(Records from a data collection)
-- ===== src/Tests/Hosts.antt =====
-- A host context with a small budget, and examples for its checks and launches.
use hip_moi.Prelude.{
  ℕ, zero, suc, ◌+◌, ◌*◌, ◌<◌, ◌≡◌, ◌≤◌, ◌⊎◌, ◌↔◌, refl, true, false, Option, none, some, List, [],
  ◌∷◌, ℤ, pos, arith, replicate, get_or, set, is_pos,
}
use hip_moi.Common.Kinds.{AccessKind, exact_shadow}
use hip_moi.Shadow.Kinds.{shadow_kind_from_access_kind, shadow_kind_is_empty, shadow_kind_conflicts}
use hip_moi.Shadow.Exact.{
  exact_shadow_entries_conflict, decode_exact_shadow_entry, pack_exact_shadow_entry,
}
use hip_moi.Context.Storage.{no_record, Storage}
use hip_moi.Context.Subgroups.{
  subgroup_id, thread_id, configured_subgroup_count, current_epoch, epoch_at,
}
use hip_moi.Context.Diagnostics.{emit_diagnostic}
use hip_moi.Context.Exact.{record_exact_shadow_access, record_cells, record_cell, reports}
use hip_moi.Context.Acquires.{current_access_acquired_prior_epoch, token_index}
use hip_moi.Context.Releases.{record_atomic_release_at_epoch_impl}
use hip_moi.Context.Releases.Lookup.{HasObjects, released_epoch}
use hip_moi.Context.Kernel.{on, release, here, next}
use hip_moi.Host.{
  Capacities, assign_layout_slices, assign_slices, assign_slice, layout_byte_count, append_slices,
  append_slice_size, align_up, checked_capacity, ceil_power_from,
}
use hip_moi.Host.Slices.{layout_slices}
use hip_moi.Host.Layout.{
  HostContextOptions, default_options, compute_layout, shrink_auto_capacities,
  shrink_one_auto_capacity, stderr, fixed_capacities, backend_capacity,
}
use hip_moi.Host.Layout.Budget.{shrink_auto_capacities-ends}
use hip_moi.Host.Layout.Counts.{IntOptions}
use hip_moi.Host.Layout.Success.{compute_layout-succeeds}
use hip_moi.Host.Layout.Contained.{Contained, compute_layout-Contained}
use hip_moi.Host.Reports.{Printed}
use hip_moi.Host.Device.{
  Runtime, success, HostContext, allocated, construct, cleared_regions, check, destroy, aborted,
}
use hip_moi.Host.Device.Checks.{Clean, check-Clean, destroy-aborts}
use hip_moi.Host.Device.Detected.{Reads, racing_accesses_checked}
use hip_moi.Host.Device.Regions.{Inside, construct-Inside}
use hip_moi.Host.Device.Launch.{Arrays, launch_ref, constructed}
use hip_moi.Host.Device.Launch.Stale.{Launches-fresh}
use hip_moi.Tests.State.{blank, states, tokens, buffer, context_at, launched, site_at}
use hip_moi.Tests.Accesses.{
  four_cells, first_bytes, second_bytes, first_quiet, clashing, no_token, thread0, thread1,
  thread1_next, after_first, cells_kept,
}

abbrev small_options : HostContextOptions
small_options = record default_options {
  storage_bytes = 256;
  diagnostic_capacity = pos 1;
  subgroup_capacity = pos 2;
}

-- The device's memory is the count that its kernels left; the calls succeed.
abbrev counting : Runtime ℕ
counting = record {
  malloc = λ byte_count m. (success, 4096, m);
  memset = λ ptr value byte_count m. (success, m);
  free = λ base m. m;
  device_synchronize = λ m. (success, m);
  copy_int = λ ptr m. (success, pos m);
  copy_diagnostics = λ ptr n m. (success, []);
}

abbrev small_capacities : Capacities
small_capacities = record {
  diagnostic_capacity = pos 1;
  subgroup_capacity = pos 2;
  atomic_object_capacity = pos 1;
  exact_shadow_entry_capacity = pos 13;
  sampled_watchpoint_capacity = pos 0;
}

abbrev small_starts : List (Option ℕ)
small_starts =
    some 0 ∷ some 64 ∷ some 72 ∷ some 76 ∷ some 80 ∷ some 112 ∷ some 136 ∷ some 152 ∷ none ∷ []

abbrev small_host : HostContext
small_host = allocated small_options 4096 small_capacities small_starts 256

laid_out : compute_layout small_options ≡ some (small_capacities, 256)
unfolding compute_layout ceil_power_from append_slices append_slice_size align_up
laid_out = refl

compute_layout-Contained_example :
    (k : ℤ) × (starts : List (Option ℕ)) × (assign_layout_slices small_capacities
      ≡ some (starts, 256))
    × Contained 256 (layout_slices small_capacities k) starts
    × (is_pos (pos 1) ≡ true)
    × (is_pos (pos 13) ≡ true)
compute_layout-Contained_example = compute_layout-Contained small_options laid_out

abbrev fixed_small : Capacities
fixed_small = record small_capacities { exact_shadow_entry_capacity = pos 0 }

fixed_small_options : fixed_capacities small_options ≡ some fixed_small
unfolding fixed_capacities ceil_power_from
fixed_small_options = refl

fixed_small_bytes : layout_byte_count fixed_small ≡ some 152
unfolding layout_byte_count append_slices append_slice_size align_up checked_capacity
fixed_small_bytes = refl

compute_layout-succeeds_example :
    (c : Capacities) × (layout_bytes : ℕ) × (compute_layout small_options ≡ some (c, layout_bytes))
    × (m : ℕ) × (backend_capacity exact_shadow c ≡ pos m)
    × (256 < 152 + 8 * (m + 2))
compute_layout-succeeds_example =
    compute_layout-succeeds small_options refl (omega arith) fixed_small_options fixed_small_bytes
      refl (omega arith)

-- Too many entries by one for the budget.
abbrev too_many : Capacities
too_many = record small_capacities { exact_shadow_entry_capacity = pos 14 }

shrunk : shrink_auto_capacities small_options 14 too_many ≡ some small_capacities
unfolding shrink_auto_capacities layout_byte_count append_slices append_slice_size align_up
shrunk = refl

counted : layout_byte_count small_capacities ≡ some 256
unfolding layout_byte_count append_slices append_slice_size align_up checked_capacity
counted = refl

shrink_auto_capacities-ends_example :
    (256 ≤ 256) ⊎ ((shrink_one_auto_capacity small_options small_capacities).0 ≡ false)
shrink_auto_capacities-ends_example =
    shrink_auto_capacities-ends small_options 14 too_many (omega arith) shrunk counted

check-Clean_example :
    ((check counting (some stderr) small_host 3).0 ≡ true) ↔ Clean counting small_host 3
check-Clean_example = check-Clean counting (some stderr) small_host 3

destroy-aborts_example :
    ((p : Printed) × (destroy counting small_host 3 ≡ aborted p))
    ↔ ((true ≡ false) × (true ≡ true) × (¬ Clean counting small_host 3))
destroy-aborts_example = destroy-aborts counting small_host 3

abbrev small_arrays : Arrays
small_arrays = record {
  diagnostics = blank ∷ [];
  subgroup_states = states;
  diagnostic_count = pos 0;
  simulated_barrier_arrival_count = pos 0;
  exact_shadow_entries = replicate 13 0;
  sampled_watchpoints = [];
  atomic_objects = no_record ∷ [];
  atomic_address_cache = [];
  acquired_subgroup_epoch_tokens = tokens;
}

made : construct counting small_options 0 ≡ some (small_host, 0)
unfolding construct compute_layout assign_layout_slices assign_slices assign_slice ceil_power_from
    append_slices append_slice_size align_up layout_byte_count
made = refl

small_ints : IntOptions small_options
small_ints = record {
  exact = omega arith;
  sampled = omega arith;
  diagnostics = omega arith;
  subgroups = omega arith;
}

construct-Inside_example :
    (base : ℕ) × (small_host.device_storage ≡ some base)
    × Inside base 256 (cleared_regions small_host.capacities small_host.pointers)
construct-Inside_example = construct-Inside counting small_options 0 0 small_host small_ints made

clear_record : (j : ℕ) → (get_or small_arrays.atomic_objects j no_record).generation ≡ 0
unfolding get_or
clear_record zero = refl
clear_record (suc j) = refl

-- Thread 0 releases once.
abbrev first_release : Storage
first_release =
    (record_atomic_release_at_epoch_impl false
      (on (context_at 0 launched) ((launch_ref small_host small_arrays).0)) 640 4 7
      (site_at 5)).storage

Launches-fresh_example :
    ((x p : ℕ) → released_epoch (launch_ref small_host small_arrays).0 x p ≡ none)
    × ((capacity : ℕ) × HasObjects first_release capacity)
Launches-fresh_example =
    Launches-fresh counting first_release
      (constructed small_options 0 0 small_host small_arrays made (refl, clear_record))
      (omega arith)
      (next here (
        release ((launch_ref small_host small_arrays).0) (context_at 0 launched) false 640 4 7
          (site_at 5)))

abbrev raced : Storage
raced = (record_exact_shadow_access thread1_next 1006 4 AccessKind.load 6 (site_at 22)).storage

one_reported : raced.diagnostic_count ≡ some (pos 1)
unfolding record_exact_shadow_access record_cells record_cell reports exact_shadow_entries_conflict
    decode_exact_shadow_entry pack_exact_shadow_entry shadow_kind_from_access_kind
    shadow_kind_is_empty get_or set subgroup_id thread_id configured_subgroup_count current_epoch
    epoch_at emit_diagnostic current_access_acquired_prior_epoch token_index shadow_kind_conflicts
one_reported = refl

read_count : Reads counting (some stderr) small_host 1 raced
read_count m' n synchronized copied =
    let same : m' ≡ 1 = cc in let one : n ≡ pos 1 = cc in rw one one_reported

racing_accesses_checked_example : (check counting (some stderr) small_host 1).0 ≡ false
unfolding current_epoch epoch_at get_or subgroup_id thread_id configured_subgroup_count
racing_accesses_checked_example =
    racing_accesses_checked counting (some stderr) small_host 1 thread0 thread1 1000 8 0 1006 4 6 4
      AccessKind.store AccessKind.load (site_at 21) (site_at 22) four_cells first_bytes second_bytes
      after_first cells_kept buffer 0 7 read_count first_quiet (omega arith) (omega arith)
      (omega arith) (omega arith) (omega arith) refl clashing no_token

# [DIRECTIONS]
Using the records above, restate word for word the lines from the one with "abbrev small_arrays : Arrays" through the one with "unfolding record_exact_shadow_access record_cells", both included.

# [PROBLEM SOLUTION]
abbrev small_arrays : Arrays
small_arrays = record {
  diagnostics = blank ∷ [];
  subgroup_states = states;
  diagnostic_count = pos 0;
  simulated_barrier_arrival_count = pos 0;
  exact_shadow_entries = replicate 13 0;
  sampled_watchpoints = [];
  atomic_objects = no_record ∷ [];
  atomic_address_cache = [];
  acquired_subgroup_epoch_tokens = tokens;
}

made : construct counting small_options 0 ≡ some (small_host, 0)
unfolding construct compute_layout assign_layout_slices assign_slices assign_slice ceil_power_from
    append_slices append_slice_size align_up layout_byte_count
made = refl

small_ints : IntOptions small_options
small_ints = record {
  exact = omega arith;
  sampled = omega arith;
  diagnostics = omega arith;
  subgroups = omega arith;
}

construct-Inside_example :
    (base : ℕ) × (small_host.device_storage ≡ some base)
    × Inside base 256 (cleared_regions small_host.capacities small_host.pointers)
construct-Inside_example = construct-Inside counting small_options 0 0 small_host small_ints made

clear_record : (j : ℕ) → (get_or small_arrays.atomic_objects j no_record).generation ≡ 0
unfolding get_or
clear_record zero = refl
clear_record (suc j) = refl

-- Thread 0 releases once.
abbrev first_release : Storage
first_release =
    (record_atomic_release_at_epoch_impl false
      (on (context_at 0 launched) ((launch_ref small_host small_arrays).0)) 640 4 7
      (site_at 5)).storage

Launches-fresh_example :
    ((x p : ℕ) → released_epoch (launch_ref small_host small_arrays).0 x p ≡ none)
    × ((capacity : ℕ) × HasObjects first_release capacity)
Launches-fresh_example =
    Launches-fresh counting first_release
      (constructed small_options 0 0 small_host small_arrays made (refl, clear_record))
      (omega arith)
      (next here (
        release ((launch_ref small_host small_arrays).0) (context_at 0 launched) false 640 4 7
          (site_at 5)))

abbrev raced : Storage
raced = (record_exact_shadow_access thread1_next 1006 4 AccessKind.load 6 (site_at 22)).storage

one_reported : raced.diagnostic_count ≡ some (pos 1)
unfolding record_exact_shadow_access record_cells record_cell reports exact_shadow_entries_conflict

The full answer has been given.